◆ Data extracts:
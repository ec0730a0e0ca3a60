-- ===== src/Authz/Examples/Places.antt =====
-- The theorems on hierarchies and chains, applied.
use go_core.Prelude.{◌≡◌, refl, [], some, lookup, string_eq, pos}
use go_core.Authz.Errors.{fault, sentinel, scope_not_found}
use go_core.Authz.Types.{Scope}
use go_core.Authz.Hierarchy.{
  check, depth_of, chain, check_all, ancestors, next_scope, ask_parent, level_above, find_level,
}
use go_core.Authz.Hierarchy.Totality.{Explained, chain-Explained}
use go_core.Authz.Examples.{plain, parent_of, plain-IsValid}

location_depth : depth_of plain "location" ≡ some 2
unfolding lookup
location_depth = refl

-- A location that the store does not know.
abbrev lost : Scope
lost = record { level = "location"; id = pos 99 }

lost_chain : chain plain parent_of lost [] ≡ fault (sentinel scope_not_found "location")
unfolding chain check check_all ancestors next_scope ask_parent level_above find_level lookup
lost_chain = refl

chain-Explained_example : Explained parent_of (sentinel scope_not_found "location")
chain-Explained_example = chain-Explained plain plain-IsValid parent_of lost [] lost_chain
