-- ===== src/Authz/Examples/Starting.antt =====
-- NewEngine, applied: one predefined role over a catalogue of two permissions.
use go_core.Prelude.{
  true, pos, String, ◌≡◌, refl, [], ◌∷◌, none, some, string_eq, int_eq, lookup, insert, Memᴰ,
}
use go_core.Authz.Errors.{ok, fault, sentinel, role_not_found}
use go_core.Authz.Words.{is_word, matches_word}
use go_core.Authz.Types.{Role, Grant, qualifier_all}
use go_core.Authz.Catalogue.{has_features}
use go_core.Authz.Catalogue.Requirements.{freeze}
use go_core.Authz.Role.{resolve, validate_role}
use go_core.Authz.Role.Grants.{Sound}
use go_core.Authz.Role.Closed.{HasRequired, validate_role-closed}
use go_core.Authz.Effective.{Reader}
use go_core.Authz.Cache.{new_cache}
use go_core.Authz.Engine.{Engine}
use go_core.Authz.Engine.Setup.{Config, new_engine}
use go_core.Authz.Engine.Setup.Checked.{Ready, new_engine-Ready}
use go_core.Authz.Examples.{plain, parent_of}
use go_core.Authz.Examples.Catalogues.{edits}

abbrev grant : String → Grant
grant permission = record { permission = permission; qualifier = qualifier_all }

abbrev editor : Role
editor = record {
  id = pos 0;
  key = "editor";
  name = "Editor";
  grants = grant "crm.customers:edit" ∷ grant "crm.customers:view" ∷ [];
  attrs = [];
  computed = none;
}

abbrev empty_store : Reader
empty_store = record { bindings_for = λ _. ok []; role = λ id. fault (sentinel role_not_found "") }

abbrev cfg : Config
cfg = record {
  catalogue = some edits;
  hierarchy = some plain;
  roles = editor ∷ [];
  store = some empty_store;
  resolver = some parent_of;
  features = none;
  cache = none;
}

abbrev engine : Engine
engine = record {
  rules = record { cat = record edits { frozen = true }; h = plain; parent = parent_of };
  roles = ("editor", editor) ∷ [];
  store = empty_store;
  features = none;
}

editor_valid : validate_role editor edits ≡ ok tt
unfolding validate_role lookup insert is_word matches_word resolve
editor_valid = refl

validate_role-closed_example :
    Sound edits (grant "crm.customers:edit")
    × HasRequired edits (resolve editor edits) (grant "crm.customers:edit")
unfolding resolve
validate_role-closed_example =
    validate_role-closed editor edits editor_valid (grant "crm.customers:edit") (Memᴰ.head refl)

started : new_engine cfg ≡ ok (engine, new_cache (pos 0))
unfolding new_engine validate_role lookup insert is_word matches_word has_features freeze resolve
    new_cache
started = refl

new_engine-Ready_example : Ready engine
new_engine-Ready_example = new_engine-Ready cfg engine (new_cache (pos 0)) started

◆ About this exercise: Would you print exactly, and only, the lines of the data above from the line with "computed = none;" through the line with "Sound edits (grant", inclusive?

◆ Solution to this task:
  computed = none;
}

abbrev empty_store : Reader
empty_store = record { bindings_for = λ _. ok []; role = λ id. fault (sentinel role_not_found "") }

abbrev cfg : Config
cfg = record {
  catalogue = some edits;
  hierarchy = some plain;
  roles = editor ∷ [];
  store = some empty_store;
  resolver = some parent_of;
  features = none;
  cache = none;
}

abbrev engine : Engine
engine = record {
  rules = record { cat = record edits { frozen = true }; h = plain; parent = parent_of };
  roles = ("editor", editor) ∷ [];
  store = empty_store;
  features = none;
}

editor_valid : validate_role editor edits ≡ ok tt
unfolding validate_role lookup insert is_word matches_word resolve
editor_valid = refl

validate_role-closed_example :
    Sound edits (grant "crm.customers:edit")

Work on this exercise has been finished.